The local media is portrayed as a central collaborator in this construction of a false consciousness by presenting the pronouncements of the army spokesman as irrefutable fact and absolute truth, without demanding proof of the information being provided. Blumenthal also does not spare those who are not part of the ruling right-wing coalition. His accusatory finger points toward the Israeli peace camp, which, in the first days of any military operation, tends to line up behind the government Blumenthal provides the example of Chaim Oron, the previous leader of the left-wing Meretz party, in the initial stages of Operation Cast Lead.

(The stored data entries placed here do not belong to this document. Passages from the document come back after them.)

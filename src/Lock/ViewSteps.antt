-- ===== src/Lock/ViewSteps.antt =====
-- Locks and releases on the view, and that its counters still count.
use mathlib.Core.Path.{subst}
use reiser.Base.{
  ℕ, suc, ◌+◌, ◌-◌, ◌≤◌, ◌≡◌, refl, sym, ap, ◌∙◌, Bool, ◌&&◌, not, [], ◌∷◌, ◌++◌, if◌then◌else◌,
  ◌==◌, ℤ, put, count_if, count, count_if-append, length, arith,
}
use reiser.Lock.State.{is_no_lock, is_write}
use reiser.Lock.Longterm.{released}
use reiser.Lock.Counting.{put_more, put_less, released-Counted}
use reiser.Lock.View.{
  Core, Thread, Counted, IsCore, pri_of, mode_of, may_wait, IsView, put_cases, put_same,
  IsCore-same,
}

-- The thread locks the node.
abbrev pub grant_core : ℤ → Bool → ℕ → Core → Core
grant_core readers curpri t z = record z {
  nr_readers = readers;
  nr_hipri_owners = if curpri then z.nr_hipri_owners + 1 else z.nr_hipri_owners;
  ids = t ∷ z.ids;
}

abbrev pub grant_thread : ℕ → Thread → Thread
grant_thread n th = record th { nodes = th.nodes ++ n ∷ [] }

module _ {zs : ℕ → Core} {ts : ℕ → Thread} (v : IsView zs ts) where
  -- Cores after a change at one node that other threads' fields do not see.
  grant-IsCore :
      (n t : ℕ) (readers : ℤ)
      → Counted readers (t ∷ (zs n).ids)
      → IsCore (pri_of ts) (mode_of ts) (grant_core readers (ts t).curpri t (zs n))
  grant-IsCore n t readers m =
      let c = v.cores n in
      record {
        counted = m;
        hipri_owners = ground (arith, c.hipri_owners);
        hipri_requests = c.hipri_requests;
        hipri_writes = c.hipri_writes;
      }

  pub grant-IsView :
      (n t : ℕ) (readers : ℤ)
      → Counted readers (t ∷ (zs n).ids)
      → IsView
          (put zs n (grant_core readers (ts t).curpri t (zs n)))
          (put ts t (grant_thread n (ts t)))
  grant-IsView n t readers m =
      let z' = grant_core readers (ts t).curpri t (zs n) in
      let th' = grant_thread n (ts t) in
      record {
        cores = λ k.
            IsCore-same (put_same (λ th. th.curpri) ts t th' refl)
              (put_same (λ th. th.mode) ts t th' refl)
              (put_cases (λ k z. IsCore (pri_of ts) (mode_of ts) z) zs n z'
                (grant-IsCore n t readers m) (λ k e. v.cores k) k);
        queued = λ k u.
            subst (λ c. c ≤ may_wait (put ts t th' u) k)
              (sym (put_same (λ z. count u z.requestors) zs n z' refl k))
              (subst (λ c. count u (zs k).requestors ≤ c)
                (sym (put_same (λ th. may_wait th k) ts t th' refl u)) (v.queued k u));
        held = λ k u.
            let l = put_more (λ z. count u z.ids) zs n z' (if t == u then 1 else 0) refl k in
            let r =
              put_more (λ th. count k th.nodes) ts t th' (if n == k then 1 else 0)
                (count_if-append (λ b. b == k) (ts t).nodes (n ∷ []) ∙ omega arith) u in
            ground (arith, l, r, v.held k u);
      }

  -- A handle of the thread leaves the node.
  pub release-IsView :
      (n t : ℕ) (z' : Core) (th' : Thread)
      → ((p : ℕ → Bool) → (if p t then 1 else 0) + count_if p z'.ids ≡ count_if p (zs n).ids)
      → ((p : ℕ → Bool) → (if p n then 1 else 0) + count_if p th'.nodes ≡ count_if p (ts t).nodes)
      → suc (length z'.ids) ≡ length (zs n).ids
      → z'.nr_readers ≡ released (zs n).nr_readers
      → z'.nr_hipri_owners
        ≡ (if (ts t).curpri then (zs n).nr_hipri_owners - 1 else (zs n).nr_hipri_owners)
      → z'.nr_hipri_requests ≡ (zs n).nr_hipri_requests
      → z'.nr_hipri_write_requests ≡ (zs n).nr_hipri_write_requests
      → z'.requestors ≡ (zs n).requestors
      → th'.curpri ≡ (ts t).curpri
      → th'.node ≡ (ts t).node
      → th'.mode ≡ (ts t).mode
      → IsView (put zs n z') (put ts t th')
  release-IsView n t z' th' ids nodes len readers owners requests writes queue pri node mode =
      let c = v.cores n in
      let P = λ (k : ℕ) (z : Core). IsCore (pri_of ts) (mode_of ts) z in
      record {
        cores = λ k.
            IsCore-same (put_same (λ th. th.curpri) ts t th' pri)
              (put_same (λ th. th.mode) ts t th' mode)
              (put_cases P zs n z'
                (record {
                  counted =
                      subst (λ r. Counted r z'.ids) (sym readers)
                        (released-Counted (zs n).nr_readers (zs n).ids z'.ids t c.counted len
                          (λ u. ids (λ b. b == u)));
                  hipri_owners = ground (arith, ids (pri_of ts), owners, c.hipri_owners);
                  hipri_requests =
                      requests ∙ c.hipri_requests ∙ ap (count_if (pri_of ts)) (sym queue);
                  hipri_writes =
                      writes
                      ∙ c.hipri_writes
                      ∙ ap (count_if (λ u. (ts u).curpri && is_write (ts u).mode)) (sym queue);
                })
                (λ k e. v.cores k) k);
        queued = λ k u.
            subst (λ c. c ≤ may_wait (put ts t th' u) k)
              (sym (put_same (λ z. count u z.requestors) zs n z' (ap (count u) queue) k))
              (subst (λ c. count u (zs k).requestors ≤ c)
                (sym (
                  put_same (λ th. may_wait th k) ts t th'
                    (ap (λ a. if a == k && not (is_no_lock th'.mode) then 1 else 0) node
                      ∙ ap (λ a. if (ts t).node == k && not (is_no_lock a) then 1 else 0) mode)
                    u))
                (v.queued k u));
        held = λ k u.
            let l =
              put_less (λ z. count u z.ids) zs n z' (if t == u then 1 else 0) (ids (λ b. b == u))
                k in
            let r =
              put_less (λ th. count k th.nodes) ts t th' (if n == k then 1 else 0)
                (nodes (λ b. b == k)) u in
            ground (arith, l, r, v.held k u);
      }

Blumenthal’s depressing if somewhat radicalized narrative does make room for some righteous people of Sodom. They are personified in the young activists on the margins of Israeli society, and even rejected by it, and members of the Palestinian popular councils. Despite the draconian measures used against them, they adhere to nonviolent opposition to the Israeli occupation. The figure of the “prophet,” as professor Yeshayahu Leibowitz is described, hovers above them, and a chapter is devoted to him and to his dark prophecy way back in 1967 regarding the direction being taken by Israeli society, which Blumenthal chronicles.

The book’s stated audience is the American public. In the foreword, Blumenthal writes that he wishes to show them “what they’re paying for, the facts as they are today, in a way that is not dressed up and laundered, devoid of sentimentality or nostalgia.”

For the knowledgeable Israeli reader, the one who knows the facts about which Blumenthal writes and even concedes them, even if he’s not in full agreement with the sharp framing or with some of his conclusions, a significant part of the book’s strength lies in the effect that is naturally created when a foreign correspondent describes the reality of your life and surroundings. Thus, as if from a bas relief, details are raised to which the local eye has become so accustomed that it no longer notices their existence.

The final scene in the book takes place in a New York apartment, in the presence of young Israelis who have gone into voluntary exile after despairing of the struggle for social change in the society in which they grew up. These are young people hungry for life and justice, who sense that they have lost the battle and have therefore chosen to leave the field. This final chord amplifies, perhaps, the warning bells being rung by Blumenthal. It’s more tempting, however, to see in the author himself a representative of a new American Jewish generation — a generation that feels a kinship to Israelis and Israel without being blind to its faults. After all, staring reality in the eye and recognizing it for what it is, without the frills, could be very helpful for us.

Disclosure: Nation Books published the English version of Lords of the Land, a book I co-authored with Idith Zertal. I wrote a few words for Blumenthal’s book jacket at Nations Books' request.

Akiva Eldar is a contributing writer for Al-Monitor’s Israel Pulse. He was formerly a senior columnist and editorial writer for Haaretz and also served as the Hebrew daily’s US bureau chief and diplomatic correspondent. His most recent book (with Idith Zertal), Lords of the Land, on the Jewish settlements, was on the best-seller list in Israel and has been translated into English, French, German and Arabic.